Crizotinib treatment for patients with EGFR mutation positive NSCLC that acquire cMET amplification after EGFR TKI therapy results in short-lived and heterogeneous responses

Lung Cancer. 2018 Oct:124:130-134. doi: 10.1016/j.lungcan.2018.07.030. Epub 2018 Jul 30.

Abstract

Purpose: Next to secondary epidermal growth factor receptor (EGFR) mutations, cMET amplification plays an important role in mediating acquired resistance to EGFR tyrosine kinase inhibitors (TKI) treatment. Crizotinib, a dual ALK and cMET inhibitor, can induce responses in patients with EGFR mutation positive non-small cell lung cancer (NSCLC) that acquire cMET amplification after EGFR TKI treatment. However, little is known about the duration of response and post-progression resistance mechanisms. Here, we report on the clinical outcome of a series of patients with cMET-driven resistance to EGFR TKIs, treated with crizotinib.

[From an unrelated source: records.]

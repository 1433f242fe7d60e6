-- ===== src/Analyzer/Correlator/Bounds.antt =====
-- What stays bounded in the correlator of analyzer/src/correlator.cpp, and what does not.
use pqc_edr.Base.{ℕ, ◌+◌, ◌≤◌, ◌≡◌, true, false, none, List, length, All, is_empty}
use pqc_edr.Base.Words.{Bytes}
use pqc_edr.Base.Text.{c_string, bytes_eq, bytes_eq_iff}
use pqc_edr.Event.{SecurityEvent, evt_file_open, fa_write, has_access}
use pqc_edr.Analyzer.Libc.{Libc}
use pqc_edr.Analyzer.Correlator.Maps.{find_entry, All-put, length-put_new, keep-All}
use pqc_edr.Analyzer.Correlator.State.{
  Correlator, StagedWrite, ConnKey, is_temp_path, max_downloads, max_hist_per_key,
}
use pqc_edr.Analyzer.Correlator.Cases.{observe_write, write_of, staged_after, in_window}
use pqc_edr.Analyzer.Correlator.{observe}

abbrev Short : ConnKey × List ℕ → Type 0
Short entry = length entry.1 ≤ max_hist_per_key

pub record IsBounded (c : Correlator) : Type 0 where
  pub downloads : length c.downloads ≤ max_downloads
  pub histories : All Short c.conns

module _ (libc : Libc) where
  -- The staged paths have no such bound: while nothing has expired, a write that names a new staging
  -- path adds an entry, whatever the number that is there.
  pub staged_unbounded :
      (c : Correlator) (ev : SecurityEvent)
      → ev.type ≡ evt_file_open
      → has_access ev.file.access fa_write ≡ true
      → is_empty (c_string ev.file.path) ≡ false
      → is_temp_path (c_string ev.file.path) ≡ true
      → find_entry bytes_eq (c_string ev.file.path) c.staged ≡ none
      → All (λ (e : Bytes × StagedWrite). in_window c ev e.1 ≡ true) c.staged
      → in_window c ev (write_of ev) ≡ true
      → length (observe libc c ev).1.staged ≡ length c.staged + 1
  staged_unbounded c ev kind writes named temp new fresh now =
      let added = length-put_new bytes_eq (c_string ev.file.path) (write_of ev) c.staged new in
      let kept = keep-All (in_window c ev) (staged_after c ev) (
        All-put bytes_eq bytes_eq_iff (λ (e : Bytes × StagedWrite). in_window c ev e.1 ≡ true) _
          (write_of ev) c.staged fresh now) in
      observe_write libc (λ (d : Correlator). length d.staged ≡ length c.staged + 1) c ev kind
        writes named temp added (rw kept added)
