-- ===== src/Analyzer/Correlator/Chains.antt =====
-- The other direction for the write-exec chain of analyzer/src/correlator.cpp: only a staged file that
-- was really written in the window is reported, and a file named like a downloader is not.
use pqc_edr.Base.{
  ℕ, ◌+◌, ◌^◌, ◌%◌, ◌≤◌, ◌≡◌, ◌≢◌, refl, ◌∙◌, ◌⊎◌, inl, inr, true, false, Bool-cases, Option, none,
  some, List, [], ◌∷◌, All, leb, ◌==◌, arith, leb→le,
}
use pqc_edr.Base.Words.{Bytes}
use pqc_edr.Base.Text.{text, c_string, member, bytes_eq, bytes_eq_iff}
use pqc_edr.Event.{SecurityEvent, evt_execve, evt_tcp_connect, evt_file_open, fa_write, has_access}
use pqc_edr.Analyzer.Libc.{Libc}
use pqc_edr.Analyzer.Prefilter.Paths.{basename_of}
use pqc_edr.Analyzer.Correlator.Maps.{find_entry, All-put, All-keep, All-find}
use pqc_edr.Analyzer.Correlator.State.{
  Correlator, StagedWrite, Lineage, downloaders, is_temp_path, new_correlator, common_ancestor,
}
use pqc_edr.Analyzer.Correlator.Cases.{observe_cases, write_of, staged_after, in_window}
use pqc_edr.Analyzer.Correlator.{
  observe, observe_file, observe_execve, observe_connect, match_execve, match_download,
}
use pqc_edr.Analyzer.Correlator.Staging.{IsStaging, observe_all}

abbrev pub Among : SecurityEvent → List SecurityEvent → Type 0
Among e [] = ⊥
Among e (x ∷ xs) = (e ≡ x) ⊎ Among e xs

module _ (libc : Libc) (Seen : SecurityEvent → Type 0) where
  -- The entry comes from a seen write, at its time.
  pub record IsWritten (entry : Bytes × StagedWrite) : Type 0 where
    pub event : SecurityEvent
    pub seen : Seen event
    pub staging : IsStaging entry.0 event
    pub at : entry.1.ts_ns ≡ event.ts_ns

  IsWritten-now :
      (ev : SecurityEvent)
      → Seen ev
      → ev.type ≡ evt_file_open
      → has_access ev.file.access fa_write ≡ true
      → IsWritten (c_string ev.file.path, write_of ev)
  IsWritten-now ev seen kind writes = record {
    event = ev;
    seen = seen;
    staging = record { kind = kind; writes = writes; names = refl };
    at = refl;
  }

  IsWritten-step :
      (c : Correlator) (ev : SecurityEvent)
      → Seen ev
      → All IsWritten c.staged
      → All IsWritten (observe libc c ev).1.staged
  IsWritten-step c ev seen a =
      let put =
        λ (kind : ev.type ≡ evt_file_open) (writes : has_access ev.file.access fa_write ≡ true).
          All-put bytes_eq bytes_eq_iff IsWritten (c_string ev.file.path) (write_of ev) c.staged a
            (IsWritten-now ev seen kind writes) in
      observe_cases libc (λ (d : Correlator). All IsWritten d.staged) c ev
        (record {
          same = a;
          write = λ kind writes _. put kind writes;
          write_sweep = λ kind writes _.
              All-keep IsWritten (in_window c ev) (staged_after c ev) (put kind writes);
          run = a;
          download = a;
          connect = λ _ _. a;
          connect_sweep = λ _ _. a;
        })

  IsWritten-run :
      (c : Correlator) (evs : List SecurityEvent)
      → All Seen evs
      → All IsWritten c.staged
      → All IsWritten (observe_all libc c evs).staged
  IsWritten-run c [] seen a = a
  IsWritten-run c (ev ∷ evs) (now, later) a =
      IsWritten-run (observe libc c ev).1 evs later (IsWritten-step c ev now a)

  -- The window of the correlator never changes.
  window_run :
      (c : Correlator) (evs : List SecurityEvent) → (observe_all libc c evs).window_ns ≡ c.window_ns
  window_run c [] = refl
  window_run c (ev ∷ evs) = window_run (observe libc c ev).1 evs ∙ window_step
    where
      window_step : (observe libc c ev).1.window_ns ≡ c.window_ns
      window_step =
          observe_cases libc (λ (d : Correlator). d.window_ns ≡ c.window_ns) c ev
            (record {
              same = refl;
              write = λ _ _ _. refl;
              write_sweep = λ _ _ _. refl;
              run = refl;
              download = refl;
              connect = λ _ _. refl;
              connect_sweep = λ _ _. refl;
            })

rule_names :
    (text "" ≢ text "write-exec-chain")
    × (text "download-exec-chain" ≢ text "write-exec-chain")
    × (text "beacon" ≢ text "write-exec-chain")
unfolding text bytes_eq
rule_names = (differ refl, differ refl, differ refl)
  where
    differ : {a b : Bytes} → bytes_eq a b ≡ false → a ≢ b
    differ {a} {b} h e = cc (h, (bytes_eq_iff a b).1 e)

All-Among : (evs : List SecurityEvent) → All (λ (e : SecurityEvent). Among e evs) evs
All-Among [] = tt
All-Among (x ∷ xs) = (inl refl, weaken xs xs (All-Among xs))
  where
    weaken :
        (ys zs : List SecurityEvent)
        → All (λ (e : SecurityEvent). Among e zs) ys
        → All (λ (e : SecurityEvent). Among e (x ∷ zs)) ys
    weaken [] zs a = tt
    weaken (y ∷ ys) zs a = (inr a.0, weaken ys zs a.1)

module _ (libc : Libc) where
  download_rule :
      (now : ℕ) (mine : List ℕ) (ds : List Lineage)
      → (match_download libc now mine ds).rule ≢ text "write-exec-chain"
  unfolding match_download
  download_rule now mine [] = rule_names.0
  download_rule now mine (d ∷ ds) = elim (Bool-cases (common_ancestor d.anc mine == 0)) [
    | inl e ↦ rw e (download_rule now mine ds)
    | inr e ↦ rw e rule_names.1
  ]

  connect_rule :
      (c : Correlator) (x : SecurityEvent)
      → (observe_connect libc c x).0.rule ≢ text "write-exec-chain"
  unfolding observe_connect
  connect_rule c x e = ground (arith, rule_names.0, rule_names.2)

  file_rule :
      (c : Correlator) (x : SecurityEvent)
      → (observe_file libc c x).0.rule ≢ text "write-exec-chain"
  unfolding observe_file
  file_rule c x e = ground (arith, rule_names.0)

  abbrev InWindow : ℕ → ℕ → Option StagedWrite → Type 0
  InWindow window now o = (w : StagedWrite) × (o ≡ some w) × (now ≤ (w.ts_ns + window) % 2 ^ 64)

  match_inv :
      (window now : ℕ) (path : Bytes) (mine : List ℕ) (ds : List Lineage) (o : Option StagedWrite)
      → (match_execve libc window now path mine ds o).rule ≡ text "write-exec-chain"
      → InWindow window now o
  unfolding match_execve
  match_inv window now path mine ds none h = absurd (download_rule now mine ds h)
  match_inv window now path mine ds (some w) h =
      elim (Bool-cases (leb now ((w.ts_ns + window) % 2 ^ 64))) [
        | inl e ↦ (w, refl, leb→le _ _ e)
        | inr e ↦ absurd (download_rule now mine ds (rw e at h))
      ]

  execve_inv :
      (c : Correlator) (x : SecurityEvent)
      → (observe_execve libc c x).0.rule ≡ text "write-exec-chain"
      → (is_temp_path (c_string x.execve.filename) ≡ true)
        × InWindow c.window_ns x.ts_ns (find_entry bytes_eq (c_string x.execve.filename) c.staged)
  unfolding observe_execve
  execve_inv c x h =
      elim (Bool-cases (member (basename_of (c_string x.execve.filename)) downloaders)) [
        | inl e ↦ absurd (rule_names.0 (rw e at h))
        | inr e ↦ elim (Bool-cases (is_temp_path (c_string x.execve.filename))) [
          | inl temp ↦ (temp, match_inv _ _ _ _ _ _ (rw (e, temp) at h))
          | inr other ↦ absurd (rule_names.0 (rw (e, other) at h))
        ]
      ]

  -- What the report of a chain says of the state that it was made in.
  chain_inv :
      (c : Correlator) (x : SecurityEvent)
      → (observe libc c x).0.rule ≡ text "write-exec-chain"
      → (x.type ≡ evt_execve)
        × (is_temp_path (c_string x.execve.filename) ≡ true)
        × InWindow c.window_ns x.ts_ns (find_entry bytes_eq (c_string x.execve.filename) c.staged)
  unfolding observe
  chain_inv c x h = elim (Bool-cases (x.type == evt_execve)) [
    | inl e ↦ let (temp, found) = execve_inv c x (rw e at h) in (ground arith, temp, found)
    | inr e ↦ elim (Bool-cases (x.type == evt_tcp_connect)) [
      | inl f ↦ absurd (connect_rule c x (rw (e, f) at h))
      | inr f ↦ elim (Bool-cases (x.type == evt_file_open)) [
        | inl g ↦ absurd (file_rule c x (rw (e, f, g) at h))
        | inr g ↦ absurd (rule_names.0 (rw (e, f, g) at h))
      ]
    ]
  ]

  -- A reported write-exec chain is a real one: after any events from a fresh correlator, it is reported
  -- of an execution in a staging directory only, and one of the events was a write to that very path,
  -- whose time and the window (a sum in 64 bits) reach the execution.
  pub write_exec_real :
      (window threshold : ℕ) (evs : List SecurityEvent) (x : SecurityEvent)
      → (observe libc (observe_all libc (new_correlator window threshold) evs) x).0.rule
        ≡ text "write-exec-chain"
      → (x.type ≡ evt_execve)
        × (is_temp_path (c_string x.execve.filename) ≡ true)
        × (w : SecurityEvent) × Among w evs
        × IsStaging (c_string x.execve.filename) w
        × (x.ts_ns ≤ (w.ts_ns + window) % 2 ^ 64)
  write_exec_real window threshold evs x h =
      let start = new_correlator window threshold in
      let c = observe_all libc start evs in
      let Seen : SecurityEvent → Type 0 = λ e. Among e evs in
      let (kind, temp, (w, found, near)) = chain_inv c x h in
      let entries = IsWritten-run libc Seen start evs (All-Among evs) tt in
      let origin =
        All-find bytes_eq (IsWritten libc Seen) (λ j k. (bytes_eq_iff j k).0) _ w c.staged entries
          found in
      (
        kind,
        temp,
        origin.event,
        origin.seen,
        origin.staging,
        omega (arith, near, origin.at, window_run libc Seen start evs),
      )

Materials and methods: Eight patients with EGFR mutation positive NSCLC that acquired cMET amplification after EGFR TKI treatment were treated with crizotinib 250 mg twice daily, as monotherapy (n = 2) or in combination with an EGFR TKI (n = 6).

Results: Four out of eight patients (50%) showed a partial response (PR) according to RECIST 1.1. Median progression-free survival (PFS) was 1.4 (95% CI 1.2-5.0) months. Responses were short-lasting with a median PFS of 3.5 (95% CI 1.4-5.2) months in patients with a PR. Median overall survival was 5.9 (95% CI 1.3-6.0) months and not statistically different between responders and non-responders (p = 0.37). All but one patient tolerated crizotinib treatment well. Heterogeneous responses were seen in patients with progressive disease as best response with a marked size decrease of the biopsied (cMET amplification positive) lesion and progression of other lesions. cMET amplification was not always mutually exclusive with other EGFR TKI resistance mechanisms. Post-progression biopsies were negative for cMET amplification.

Conclusion: Crizotinib treatment for patients with EGFR mutation positive NSCLC that acquire cMET amplification after EGFR TKI treatment results in short-lived and often heterogeneous responses, possibly due to subclonality of cMET-driven resistance and co-occurrence of other EGFR TKI resistance mechanisms.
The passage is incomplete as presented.